Diziam os moradores de Bom Retiro, que lá pela década de 1940, apareceu na Villa, que começava a ser chamada de Villa Nova, um caminhãozinho. Era um fordeco, como diziam. Ninguém sabe ao certo de onde surgiu. Só sabiam que tinha vindo lá das bandas do Sul.
Eram eles compradores gaúchos, identificados pela roupa que  usavam, bombachas largas, as botas que calçavam, chapéu de barbicacho  e, lógico, o linguajar inconfundível.
Porém o estranho foi o que eles vieram comprar. Vindos de tão longe por estradas quase sem condições, buscavam cachorros. Um fato tanto inusitado, mas como pagavam bem, não foram questionados.

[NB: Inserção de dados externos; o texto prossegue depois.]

-- ===== src/Environment/Fibonacci/Tests.antt =====
-- Runs of the Fibonacci programs, and examples of their theorems.
use csel_workspace.Prelude.{◌≡◌, refl, ◌++◌, none, some, [], ◌∷◌, map, arith}
use csel_workspace.Prelude.Int.{pos, negsuc}
use csel_workspace.Prelude.Decimal.{print_nat}
use csel_workspace.Prelude.Text.{codes}
use csel_workspace.Environment.Fibonacci.{fibonacci_r, fibonacci_i, main, traced_main}
use csel_workspace.Environment.Fibonacci.Agree.{fib, fibonacci_agree}
use csel_workspace.Environment.Fibonacci.Printed.{numbers, join, each, main-prints}

-- A negative number comes back from the one and is 0 for the other.
test_negative : (fibonacci_r (negsuc 4) ≡ some (negsuc 4)) × (fibonacci_i (negsuc 4) ≡ some (pos 0))
unfolding fibonacci_r fibonacci_i
test_negative = (refl, refl)

-- The two functions differ at 92.
fibonacci_agree_example :
    (fibonacci_r (pos 92) ≡ some (pos (fib 92))) × (fibonacci_i (pos 92) ≡ none)
fibonacci_agree_example = fibonacci_agree 92

test_main-prints :
    (main (print_nat 4 ∷ [])
      ≡ some (
          codes "The first "
          ++ print_nat 4
          ++ codes " Fibonacci numbers are:\n"
          ++ join (codes ", ") (map print_nat (numbers 0 4))
          ++ codes "\n"))
    × (traced_main (print_nat 4 ∷ [])
        ≡ some (
            codes "The first "
            ++ print_nat 4
            ++ codes " Fibonacci numbers are:\n"
            ++ each (codes ", ") (map print_nat (numbers 0 5))
            ++ codes "\n"))
test_main-prints = main-prints 4 (omega arith)
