-- ===== src/Environment/MemLeaks.antt =====
-- src/01_environment/memory_leaks/mem_leaks.c: a linked list on the heap that grows at its tail and
-- shrinks at its head.
pub mod Chain
pub mod Queue
pub mod Run
mod Tests
use csel_workspace.Prelude.{
  ℕ, zero, suc, ◌+◌, ◌%◌, Bool, Option, none, some, List, [], ◌∷◌, ◌==◌, if◌then◌else◌,
}

-- `struct alpha`; the address 0 is NULL.
pub record Alpha : Type 0 where
  pub attr : ℕ
  pub next : ℕ

-- What is allocated at each address.
abbrev pub Heap : Type 0
Heap = ℕ → Option Alpha

abbrev pub set_cell : Heap → ℕ → Option Alpha → Heap
set_cell h a cell b = if b == a then cell else h b

-- How the walk to the last element ends: at it, at a read of memory that is not allocated, or not
-- within the fuel.
pub data Walk : Type 0 where
  found : ℕ → Walk
  fault spins : Walk

-- `while (n->next != 0) n = n->next;`
unfoldable pub walk : ℕ → Heap → ℕ → Walk
walk zero h n = spins
walk (suc fuel) h n = elim (h n) [
  | none ↦ fault
  | some cell ↦ let rest = walk fuel h cell.next in if cell.next == 0 then found n else rest
]

-- `n->next = ele;`
unfoldable pub link : Heap → ℕ → ℕ → Option Heap
link h n ele = elim (h n) [
  | none ↦ none
  | some cell ↦ some (set_cell h n (some (record cell { next = ele })))
]

-- The end of `alloc1` and `alloc2`: the new root and heap.
unfoldable pub attach : ℕ → Heap → ℕ → ℕ → Option (ℕ × Heap)
attach fuel h root ele = if root == 0 then some (ele, h) else elim (walk fuel h root) [
  | found n ↦ elim (link h n ele) [ none ↦ none | some h' ↦ some (root, h') ]
  | fault ↦ none
  | spins ↦ none
]

-- The static variables `cnt` of `alloc1` and `alloc2` and `x` of `alloc`, with the list.
pub record State : Type 0 where
  pub root : ℕ
  pub heap : Heap
  pub cnt1 : ℕ
  pub cnt2 : ℕ
  pub x : ℕ

-- The new element, at the address that `malloc` brings. NULL is a fault: the code writes through it.
unfoldable pub new_element : ℕ → ℕ → Heap → Option Heap
new_element ele cnt h =
    if ele == 0 then none else some (set_cell h ele (some (record { attr = cnt; next = 0 })))

unfoldable pub alloc1 : ℕ → ℕ → State → Option State
alloc1 fuel ele s = elim (new_element ele s.cnt1 s.heap) [
  | none ↦ none
  | some h ↦ elim (attach fuel h s.root ele) [
    | none ↦ none
    | some (root, heap) ↦ some (record s { root = root; heap = heap; cnt1 = s.cnt1 + 1 })
  ]
]

unfoldable pub alloc2 : ℕ → ℕ → State → Option State
alloc2 fuel ele s = elim (new_element ele s.cnt2 s.heap) [
  | none ↦ none
  | some h ↦ elim (attach fuel h s.root ele) [
    | none ↦ none
    | some (root, heap) ↦ some (record s { root = root; heap = heap; cnt2 = s.cnt2 + 1 })
  ]
]

unfoldable pub alloc : ℕ → ℕ → State → Option State
alloc fuel ele s = elim (if s.x == 0 then alloc1 fuel ele s else alloc2 fuel ele s) [
  | none ↦ none
  | some s' ↦ some (record s' { x = (s'.x + 1) % 2 })
]

-- `dealloc`: `free` of NULL does nothing, and of memory that is not allocated it is a fault.
unfoldable pub dealloc : State → Option State
dealloc s = if s.root == 0 then some s else elim (s.heap s.root) [
  | none ↦ none
  | some cell ↦ some (record s { root = cell.next; heap = set_cell s.heap s.root none })
]

-- The loops of `main`: one `alloc` for each address that `malloc` brings, and `k` times `dealloc`.
unfoldable pub allocs : ℕ → List ℕ → State → Option State
allocs fuel [] s = some s
allocs fuel (ele ∷ eles) s = elim (alloc fuel ele s) [ none ↦ none | some s' ↦ allocs fuel eles s' ]

unfoldable pub deallocs : ℕ → State → Option State
deallocs zero s = some s
deallocs (suc k) s = elim (dealloc s) [ none ↦ none | some s' ↦ deallocs k s' ]

-- The state in which `main` starts.
abbrev pub initial : State
initial = record { root = 0; heap = λ a. none; cnt1 = 0; cnt2 = 0; x = 0 }

-- The loop between them, which prints the attribute of each element.
unfoldable pub visit : ℕ → Heap → ℕ → Option (List ℕ)
visit zero h p = if p == 0 then some [] else none
visit (suc fuel) h p = if p == 0 then some [] else elim (h p) [
  | none ↦ none
  | some cell ↦ elim (visit fuel h cell.next) [
    | none ↦ none
    | some attrs ↦ some (cell.attr ∷ attrs)
  ]
]

-- `main`, with the addresses that its calls of `malloc` bring and the number of its calls of
-- `dealloc`, which are 4000 and 15 in the program: the attributes that are printed when tracing is on,
-- and the state at the end.
unfoldable pub main : ℕ → List ℕ → ℕ → Option (List ℕ × State)
main fuel eles k = elim (allocs fuel eles initial) [
  | none ↦ none
  | some s ↦ elim (visit fuel s.heap s.root) [
    | none ↦ none
    | some attrs ↦ elim (deallocs k s) [ none ↦ none | some s' ↦ some (attrs, s') ]
  ]
]
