-- ===== src/Environment/MemLeaks/Chain.antt =====
-- A list on the heap of mem_leaks.c, and what a change of one cell does to it.
use csel_workspace.Prelude.{
  ℕ, zero, suc, ◌<◌, ◌≡◌, refl, Bool, false, ◌||◌, Option, some, List, [], ◌∷◌, ◌++◌, length, ◌==◌,
  arith,
}
use csel_workspace.Environment.MemLeaks.{Alpha, Heap, set_cell, found, walk}

-- Elements in order, each with its address and its `attr`.
abbrev pub Elements : Type 0
Elements = List (ℕ × ℕ)

-- The address of the first element, or NULL.
abbrev pub head_of : Elements → ℕ
head_of [] = 0
head_of ((a, v) ∷ es) = a

abbrev pub has : ℕ → Elements → Bool
has b [] = false
has b ((a, v) ∷ es) = (b == a) || has b es

-- The heap holds the elements, linked in order, at distinct addresses.
abbrev pub Cells : Heap → Elements → Type 0
Cells h [] = Unit
Cells h ((a, v) ∷ es) =
    (0 < a)
    × (h a ≡ some (record { attr = v; next = head_of es }))
    × (has a es ≡ false)
    × Cells h es

abbrev pub last_of : ℕ × ℕ → Elements → ℕ × ℕ
last_of e [] = e
last_of e (e' ∷ es) = last_of e' es

-- A cell that is not in the list may change.
pub Cells-set :
    (h : Heap) (b : ℕ) (cell : Option Alpha) (es : Elements)
    → has b es ≡ false
    → Cells h es
    → Cells (set_cell h b cell) es
Cells-set h b cell [] n c = tt
Cells-set h b cell ((a, v) ∷ es) n (p, here, fresh, c) =
    (p, ground (arith, n, here), fresh, Cells-set h b cell es (ground (arith, n)) c)

-- The walk from the first element ends at the last one, with fuel for as many as there are.
pub walk_last :
    (fuel : ℕ) (h : Heap) (a v : ℕ) (es : Elements)
    → length es < fuel
    → Cells h ((a, v) ∷ es)
    → walk fuel h a ≡ found (last_of (a, v) es).0
unfolding walk
walk_last zero h a v es l c = absurd (omega arith)
walk_last (suc fuel) h a v [] l c = ground (arith, c.1)
walk_last (suc fuel) h a v ((b, w) ∷ es) l c =
    ground (arith, c.1, c.3.0, walk_last fuel h b w es (omega (arith, l)) c.3)

-- The heap after `link` of the last element to a new one.
abbrev pub linked : Heap → ℕ × ℕ → ℕ → Heap
linked h e ele = set_cell h e.0 (some (record { attr = e.1; next = ele }))

pub last_cell :
    (h : Heap) (a v : ℕ) (es : Elements)
    → Cells h ((a, v) ∷ es)
    → h (last_of (a, v) es).0 ≡ some (record { attr = (last_of (a, v) es).1; next = 0 })
last_cell h a v [] c = c.1
last_cell h a v ((b, u) ∷ es) c = last_cell h b u es c.3

pub has-last :
    (b : ℕ) (e : ℕ × ℕ) (es : Elements) → has b (e ∷ es) ≡ false → (b == (last_of e es).0) ≡ false
has-last b e [] n = ground (arith, n)
has-last b e (e' ∷ es) n = has-last b e' es (ground (arith, n))

pub has-append : (b : ℕ) (xs ys : Elements) → has b (xs ++ ys) ≡ (has b xs || has b ys)
has-append b [] ys = refl
has-append b ((a, v) ∷ xs) ys = ground (arith, has-append b xs ys)

-- Linking the last element to a new one, whose own cell is there, appends it.
pub Cells-link :
    (h : Heap) (a v : ℕ) (es : Elements) (ele w : ℕ)
    → 0 < ele
    → h ele ≡ some (record { attr = w; next = 0 })
    → has ele ((a, v) ∷ es) ≡ false
    → Cells h ((a, v) ∷ es)
    → Cells (linked h (last_of (a, v) es) ele) ((a, v) ∷ (es ++ ((ele, w) ∷ [])))
Cells-link h a v [] ele w p new n c =
    (c.0, ground (arith), ground (arith, n), (p, ground (arith, n, new), refl, tt))
Cells-link h a v ((b, u) ∷ es) ele w p new n c =
    let rest = Cells-link h b u es ele w p new (ground (arith, n)) c.3 in
    (
      c.0,
      ground (arith, has-last a (b, u) es c.2, c.1),
      ground (arith, n, c.2, has-append a es ((ele, w) ∷ [])),
      rest,
    )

Se bandearam para o interior da Vilazinha. Onde escutavam um latido, paravam o caminhão e se achegavam. Logo eram recebidos pelos donos do sítio. Chamavam atenção. Não vinham a cavalo, como quase todos.  A criançada fazia fila para entrar na cabine e vasculhar com curiosidade. O volante, as luzes que até piscavam, foram a maior das atrações.
Depois dos cumprimentos calorosos, comunicavam o motivo da visita. - -Viemos comprar os seus cachorros. Quantos cães o senhor tem?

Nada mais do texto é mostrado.